В самом деле: неправильна уже та коренная антитеза, на которую все время опирается наш критик. Он противопоставляет Пушкина Лермонтову. Это банальное противоположение, достаточно поверхностное, особенно странно в устах Мережковского, обычно таких своеобразных, углубляющих и не зовущих на знакомые плоскости. Пушкин и Лермонтов вовсе не антиподы. Стихия Пушкина неотразимо влекла к себе Лермонтова, и в конце своей короткой жизни творец Максима Максимыча пришел в нее. Лермонтов начал Байроном, но кончил Пушкиным, и себя, истинную обитель своей души, он обрел именно в нем. Вся русская поэзия для Мережковского колеблется между Пушкиным и Лермонтовым, «как между двумя полосами – созерцанием и действием». Но нет большей ошибки против истины, нет большего греха против Пушкина, чем считать его поэзию проникнутой духом безмятежности и созерцания. «Пушкин – дневное, Лермонтов – ночное светило русской поэзии», – говорит Мережковский. Примем это сравнение, но только напомним его автору, что дневное светило не созерцает и его не созерцают: оно действенно, источник всякой действенности; оно, работающее, прагматическое, не позволяет ни себе, ни другим смотреть, только смотреть. Поэзия Пушкина действенна, как ничья другая. Вся порыв, вся благодарное утверждение мира, благословение ему с его трудами и трудностями, она живет и страстно зовет к делу жизни. «Я жить хочу, чтоб мыслить и страдать», – восклицает Пушкин, – а страдает действующий. Созерцатель не страдает. Мережковский в подтверждение своей непростительной ереси, своего лжеучения о созерцательности Пушкина, часто приводит (подобно Писареву) известное стихотворение «Чернь» и корит наше солнце, нашего великого прагматика, его словами:
Но почему же критик не цитирует «Памятника», где Пушкин говорит уже не о поэте вообще, а о самом себе и вменяет себе в заслугу именно не звуки сладкие и молитвы, а то, что он пробуждал (созерцатель дремлет, а не будит) чувства добрые, что в свой жестокий век он восславил свободу и призывал милость к падшим?

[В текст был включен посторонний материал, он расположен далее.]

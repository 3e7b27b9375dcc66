-- ===== src/Fat/Fresh.antt =====
-- New clusters for a directory: `fat_zeroed_cluster`, `fat_alloc_new_dir` and `fat_add_new_entries`
-- of ATS/myfat/fat_dir.c.
pub mod Blank
use ats_ldd.Base.{
  ℕ, zero, suc, ◌+◌, ◌-◌, ◌*◌, ◌/◌, ◌%◌, ◌^◌, min, Bool, true, false, List, [], ◌∷◌, ◌++◌, Result,
  ok, err, oops, Errno, enomem, Option, none, some, if◌then◌else◌, ◌==◌, ltb, leb, ◌&&◌, length,
  get_or,
}
use ats_ldd.Fat.Volume.{Geometry, Device, Volume, blocksize, sec_per_clus, fat_sync_bhs}
use ats_ldd.Fat.Free.{fat_free_clusters}
use ats_ldd.Fat.Alloc.{fat_alloc_clusters}
use ats_ldd.Fat.Cluster.{FatInode, fat_clus_to_blknr}
use ats_ldd.Fat.Dir.{Disk, Address, entry_size, fat_make_i_pos}
use ats_ldd.Fat.Unlink.{mark}
use ats_ldd.Time.{FatTime}

-- `memcpy (bh->b_data + offset, slots, n)` from byte `from` of the slots on, in block `b`.
unfoldable pub copy_bytes : (ℕ → ℕ → ℕ) → ℕ → ℕ → (ℕ → ℕ) → ℕ → ℕ → ℕ → ℕ → ℕ
copy_bytes m b offset slots from n b' o =
    if (b == b') && (leb offset o && ltb o (offset + n))
    then slots (from + (o - offset))
    else m b' o

-- `memset (bh->b_data + offset, 0, n)`
abbrev pub zero_bytes : (ℕ → ℕ → ℕ) → ℕ → ℕ → ℕ → ℕ → ℕ → ℕ
zero_bytes m b offset n = copy_bytes m b offset (λ i. 0) 0 n

-- `fat_sync_bhs` for a directory that asks for it.
unfoldable pub sync_bhs : Device → FatInode → List ℕ → Option Errno
sync_bhs d dir bhs = if dir.is_dirsync then fat_sync_bhs d bhs else none

-- The loop over the unused blocks, `left` of them from `blknr` on; `bhs` are the buffers held.
pub zero_loop : Device → Geometry → Disk → FatInode → ℕ → ℕ → ℕ → List ℕ → Option Errno × Disk
zero_loop d g k dir nr_bhs blknr zero bhs = (sync_bhs d dir bhs, k)
zero_loop d g k dir nr_bhs blknr (suc left) bhs =
    let k' = mark (record k { byte = zero_bytes k.byte blknr 0 (blocksize g) }) blknr in
    let held = bhs ++ (blknr ∷ []) in
    let after_flush = zero_loop d g k' dir nr_bhs (blknr + 1) left [] in
    let rest = zero_loop d g k' dir nr_bhs (blknr + 1) left held in
    if d.getblk blknr
    then (if length held == nr_bhs
        then elim (sync_bhs d dir held) [ some e ↦ (some e, k') | none ↦ after_flush ]
        else rest)
    else (some enomem, k)

-- `nr_used` is the length of `bhs`.
unfoldable pub fat_zeroed_cluster :
    Device → Geometry → Disk → FatInode → ℕ → List ℕ → ℕ → Option Errno × Disk
unfolding zero_loop
fat_zeroed_cluster d g k dir blknr bhs nr_bhs =
    zero_loop d g k dir nr_bhs (blknr + length bhs) (sec_per_clus g - length bhs) bhs

-- `error_free:` of both functions: the chain is given back.
unfoldable pub give_back : {A : Type 0} → Device → Geometry → Errno → Disk → ℕ → Result A × Disk
give_back d g e k cluster =
    let (r, v) = fat_free_clusters d g k.vol cluster in
    (elim r [ ok _ ↦ err e | err _ ↦ err e | oops ↦ oops ], record k { vol = v })

-- The low and the high byte of a 16-bit word.
abbrev pub word_bytes : ℕ → List ℕ
word_bytes w = w % 2 ^ 8 ∷ w / 2 ^ 8 % 2 ^ 8 ∷ []

-- "." or "..", filled up with blanks to eleven bytes.
abbrev pub dots : Bool → List ℕ
dots two = 46 ∷ (if two then 46 else 32) ∷ 32 ∷ 32 ∷ 32 ∷ 32 ∷ 32 ∷ 32 ∷ 32 ∷ 32 ∷ 32 ∷ []

-- An entry of a new directory, in the order of the fields of `struct msdos_dir_entry`: name, attr,
-- lcase, ctime_cs, ctime, cdate, adate, starthi, time, date, start, size.
pub dot_entry : Bool → Bool → FatTime → ℕ → List ℕ
dot_entry two isvfat t start =
    dots two
    ++ (16 ∷ 0 ∷ (if isvfat then t.time_cs else 0) ∷ [])
    ++ word_bytes (if isvfat then t.time else 0)
    ++ word_bytes (if isvfat then t.date else 0)
    ++ word_bytes (if isvfat then t.date else 0)
    ++ word_bytes (start / 2 ^ 16)
    ++ word_bytes t.time
    ++ word_bytes t.date
    ++ word_bytes start
    ++ (0 ∷ 0 ∷ 0 ∷ 0 ∷ [])

-- The new directory gets "." for its own cluster and ".." for that of `dir`. `needs_sync` is the
-- answer of `inode_needs_sync`, and `t` what `fat_time_unix2fat` gives for the time.
unfoldable pub fat_alloc_new_dir :
    Device → Geometry → Bool → Bool → FatTime → Disk → FatInode → Result ℕ × Disk
fat_alloc_new_dir d g needs_sync isvfat t k dir =
    let (r, v) = fat_alloc_clusters d g k.vol needs_sync 1 in
    let k1 = record k { vol = v } in
    elim r [
      | err e ↦ (err e, k1)
      | oops ↦ (oops, k1)
      | ok clusters ↦
          let cluster = get_or clusters 0 0 in
          let blknr = fat_clus_to_blknr g cluster in
          let bytes = dot_entry false isvfat t cluster ++ dot_entry true isvfat t dir.i_logstart in
          let filled = copy_bytes k1.byte blknr 0 (λ i. get_or bytes i 0) 0 (2 * entry_size) in
          let k2 =
            mark
              (record k1 {
                byte = zero_bytes filled blknr (2 * entry_size) (blocksize g - 2 * entry_size);
              })
              blknr in
          let (e, k3) = fat_zeroed_cluster d g k2 dir blknr (blknr ∷ []) d.max_buf in
          if d.getblk blknr
          then elim e [ some x ↦ give_back d g x k3 cluster | none ↦ (ok cluster, k3) ]
          else give_back d g enomem k1 cluster
    ]

-- How the filling of new clusters goes on, with the buffers, the bytes left and the last `copy`.
pub record Filling : Type 0 where
  pub disk : Disk
  pub bhs : List ℕ
  pub from : ℕ
  pub size : ℕ
  pub copy : ℕ

-- The inner loop, over the `left` blocks of a cluster from `blknr` on; it ends early when all is
-- copied. A buffer that is forgotten in the end keeps its bytes.
pub fill_blocks : Device → Geometry → (ℕ → ℕ) → ℕ → ℕ → Filling → Option Errno × Filling
fill_blocks d g slots blknr zero s = (none, s)
fill_blocks d g slots blknr (suc left) s =
    let copy = min s.size (blocksize g) in
    let s' : Filling = record {
      disk =
          mark (record (s.disk) { byte = copy_bytes s.disk.byte blknr 0 slots s.from copy }) blknr;
      bhs = s.bhs ++ (blknr ∷ []);
      from = s.from + copy;
      size = s.size - copy;
      copy = copy;
    } in
    let rest = fill_blocks d g slots (blknr + 1) left s' in
    if d.getblk blknr then (if s'.size == 0 then (none, s') else rest) else (some enomem, s)

-- The outer loop, over the clusters; and `start_blknr`.
pub fill_clusters : Device → Geometry → (ℕ → ℕ) → List ℕ → ℕ → Filling → Option Errno × ℕ × Filling
fill_clusters d g slots [] start s = (none, start, s)
fill_clusters d g slots (c ∷ cs) start s =
    let blknr = fat_clus_to_blknr g c in
    let (e, s') = fill_blocks d g slots blknr (sec_per_clus g) s in
    let rest = fill_clusters d g slots cs blknr s' in
    elim e [ some x ↦ (some x, blknr, s') | none ↦ rest ]

-- `slots` are the bytes of the new entries. On success: the first cluster, `*nr_cluster`, and the
-- address of the last entry.
unfoldable pub fat_add_new_entries :
    Device → Geometry → Bool → Disk → FatInode → (ℕ → ℕ) → ℕ → Result (ℕ × ℕ × Address) × Disk
fat_add_new_entries d g needs_sync k dir slots nr_slots =
    let size = nr_slots * entry_size in
    let nr_cluster = (size + (2 ^ g.cluster_bits - 1)) / 2 ^ g.cluster_bits in
    let (r, v) = fat_alloc_clusters d g k.vol needs_sync nr_cluster in
    let k1 = record k { vol = v } in
    let start : Filling = record { disk = k1; bhs = []; from = 0; size = size; copy = 0 } in
    if ltb 2 nr_cluster then (oops, k) else elim r [
      | err e ↦ (err e, k1)
      | oops ↦ (oops, k1)
      | ok clusters ↦
          let (filled, start_blknr, s) = fill_clusters d g slots clusters 0 start in
          let last = get_or (s.bhs) (length s.bhs - 1) 0 in
          let k2 = record (s.disk) {
            byte = zero_bytes s.disk.byte last s.copy (blocksize g - s.copy);
          } in
          let (e, k3) = fat_zeroed_cluster d g k2 dir start_blknr s.bhs d.max_buf in
          elim filled [
            | some x ↦ give_back d g x s.disk (get_or clusters 0 0)
            | none ↦ elim e [
              | some x ↦ give_back d g x k3 (get_or clusters 0 0)
              | none ↦ (ok (get_or clusters 0 0, nr_cluster, (last, s.copy - entry_size)), k3)
            ]
          ]
    ]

Можно интуитивно, силой субъективного проникновения, воспринять самый дух той или другой поэзии и прямо высказать свои впечатления от него, и тогда нельзя уже спорить, а только остается одному впечатлению противопоставлять другое. Импрессионизм, как и искусство вообще, лежит по ту сторону доказательств. Но ведь Мережковский хочет обосновать свое понимание, не только сказать, но и доказать его, – а в таком случае он не имеет права ограничиваться лишь теми цитатами, которые для него выгодны, и забывать о тех, которые ему противоречат. Уж если цитировать, то цитировать все. И если бы этому следовал Мережковский, то сказал ли бы он, что пушкинская «ясная лазурь» («одна ты несешься по ясной лазури») «по сравнению с глубокобездонным лермонтовским небом» казалась ему «плоской, как голубая эмаль»? Ведь на плоское сравнение неба и – что еще мертвее – женского взора с голубой эмалью дерзает не Пушкин, а именно Лермонтов. Ведь Мережковский хорошо знает, что именно последний написал эти стихи:
Не Пушкину, а Лермонтову принадлежит вся плоскость эмали… Но это – лишь характерная мелочь.
Главное же – в том, что не отдельные слова и стихи, податливые мишени цитат, а благодатное целое пушкинской поэзии не только не позволяет ославлять ее бесстрастной и созерцательной, но и приводит к совершенно противоположному взгляду. Для Пушкина, как и для Фауста, вначале было Дело.